2. A Constituição Federal brasileira de 1988 e os direitos indígenas.

A atual Constituição brasileira é uma das mais avançadas da América Latina em termos de direitos indígenas1, ao lado das constituições da Argentina, Bolívia, Colômbia, Equador, Guatemala, México, Nicarágua, Panamá, Paraguai, Peru e Venezuela. Fazem algum tipo de referência a direitos indígenas também as constituições de Costa Rica, El Salvador, Guiana e Honduras.

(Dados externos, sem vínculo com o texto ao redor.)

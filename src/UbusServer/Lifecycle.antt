-- ===== src/UbusServer/Lifecycle.antt =====
-- The connection to the bus, from `initialize` to the destructor.
use cpe_acs_connector_tr.Base.{
  ℕ, ◌==◌, Bool, true, false, List, ◌∷◌, Option, none, some, ◌≡◌, refl, ap, ◌∙◌, inl, inr,
  Bool-cases,
}
use cpe_acs_connector_tr.UbusServer.{
  Ubus, UbusServer, new_server, register, with_context, initialize, destroy,
}

-- What the code relies on of the bus: the connections that are open, the last first.
pub record Connections (U : Type 0) (ubus : Ubus U) : Type 0 where
  pub open_in : U → List ℕ
  pub uloop_init_keeps : (s : U) → open_in (ubus.uloop_init s).1 ≡ open_in s
  pub uloop_done_keeps : (s : U) → open_in (ubus.uloop_done s) ≡ open_in s
  pub connect_opens :
      (s : U) (c : ℕ) → (ubus.connect s).0 ≡ some c → open_in (ubus.connect s).1 ≡ c ∷ open_in s
  pub connect_fails : (s : U) → (ubus.connect s).0 ≡ none → open_in (ubus.connect s).1 ≡ open_in s
  pub add_uloop_keeps : (s : U) (c : ℕ) → open_in (ubus.add_uloop s c) ≡ open_in s
  pub add_object_keeps : (s : U) (c : ℕ) → open_in (ubus.add_object s c).1 ≡ open_in s
  pub remove_object_keeps : (s : U) (c : ℕ) → open_in (ubus.remove_object s c) ≡ open_in s
  pub free_closes :
      (s : U) (c : ℕ) (rest : List ℕ) → open_in s ≡ c ∷ rest → open_in (ubus.free s c) ≡ rest

module _ {U : Type 0} (ubus : Ubus U) (known : Connections U ubus) where
  open known use {open_in}

  -- What `initialize` leaves of a new server in `s`: a connection, whatever the result is, or none
  -- and a failure. Calls are accepted where it succeeded, and only there.
  pub data Initialized (s : U) : Bool × UbusServer × U → Type 0 where
    unconnected : (s' : U) → open_in s' ≡ open_in s → Initialized s (false, new_server, s')
    connected :
        (b : Bool) (c : ℕ) (s' : U)
        → open_in s' ≡ c ∷ open_in s
        → Initialized s (b, record { context = some c; object = true; instance = b }, s')

  register-Initialized :
      (s s' : U) (c : ℕ)
      → open_in s' ≡ c ∷ open_in s
      → Initialized s (register ubus new_server s' c)
  unfolding register
  register-Initialized s s' c opened =
      let added = ubus.add_object (ubus.add_uloop s' c) c in
      let opened' =
        known.add_object_keeps (ubus.add_uloop s' c) c ∙ known.add_uloop_keeps s' c ∙ opened in
      elim (Bool-cases (added.0 == 0)) [
        | inl e ↦ rw e (connected true c added.1 opened')
        | inr e ↦ rw e (connected false c added.1 opened')
      ]

  with_context-Initialized :
      (s s0 s' : U) (o : Option ℕ)
      → open_in s0 ≡ open_in s
      → ubus.connect s0 ≡ (o, s')
      → Initialized s (with_context ubus new_server (o, s'))
  with_context-Initialized s s0 s' none kept e =
      unconnected (ubus.uloop_done s')
        (known.uloop_done_keeps s' ∙ rw e at (known.connect_fails s0 (ap (λ r. r.0) e)) ∙ kept)
  with_context-Initialized s s0 s' (some c) kept e =
      register-Initialized s s' c
        (rw e at (known.connect_opens s0 c (ap (λ r. r.0) e)) ∙ ap (λ l. c ∷ l) kept)

  initialize-Initialized : (s : U) → Initialized s (initialize ubus new_server s)
  unfolding initialize
  initialize-Initialized s =
      let ready = ubus.uloop_init s in
      let kept = known.uloop_init_keeps s in
      elim (Bool-cases (ready.0 == 0)) [
        | inl e ↦ rw e (
            with_context-Initialized s ready.1 (ubus.connect ready.1).1 (ubus.connect ready.1).0
              kept refl)
        | inr e ↦ rw e (unconnected ready.1 kept)
      ]

  -- What the destructor leaves of what `initialize` has made.
  abbrev Cleaned : U → Bool × UbusServer × U → Type 0
  Cleaned s (b, u, s') =
      let (u', s'') = destroy ubus u s' in
      (u.instance ≡ b) × (open_in s'' ≡ open_in s) × (u'.instance ≡ false)

  Initialized-Cleaned : (s : U) {r : Bool × UbusServer × U} → Initialized s r → Cleaned s r
  unfolding destroy
  Initialized-Cleaned s (unconnected s' kept) = (refl, known.uloop_done_keeps s' ∙ kept, refl)
  Initialized-Cleaned s (connected b c s' opened) =
      let gone = ubus.remove_object s' c in
      (
        refl,
        known.uloop_done_keeps (ubus.free gone c)
            ∙ known.free_closes gone c (open_in s) (known.remove_object_keeps s' c ∙ opened),
        refl,
      )

  -- Whatever the calls of the bus return, a server accepts method calls exactly when `initialize`
  -- has succeeded, and the destructor then leaves no connection open that was not open before, and
  -- no pointer to the server.
  pub destroy-initialize :
      (s : U)
      → let (b, u, s') = initialize ubus new_server s in
        let (u', s'') = destroy ubus u s' in
        (u.instance ≡ b) × (open_in s'' ≡ open_in s) × (u'.instance ≡ false)
  destroy-initialize s = Initialized-Cleaned s (initialize-Initialized s)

São omissas as Constituições de Belize, Chile, Guiana Francesa, Suriname e Uruguai.

Sem dúvida a Constituição atual, dentre todas que fizeram parte da história constitucional brasileira, foi a que mais se comoveu com a questão indígena, o que resultou em uma longa disciplina jurídica do tema, a qual constitui o que se pode denominar direito constitucional indigenista brasileiro atual2: manteve as terras tradicionalmente ocupadas pelos índios no domínio da União (art. 20, XI) e a competência privativa desta para legislar sobre populações indígenas (art. 22, XIV); estabeleceu a competência exclusiva do Congresso Nacional para autorizar, em terras indígenas, a exploração e o aproveitamento de recursos hídricos e a pesquisa e lavra de riquezas minerais (art. 49, XVI); determinou a competência da Justiça Federal para processar e julgar a disputa sobre direitos indígenas (art. 109, XI); conferiu ao Ministério Público a função institucional de defender judicialmente os direitos e interesses das populações indígenas (art.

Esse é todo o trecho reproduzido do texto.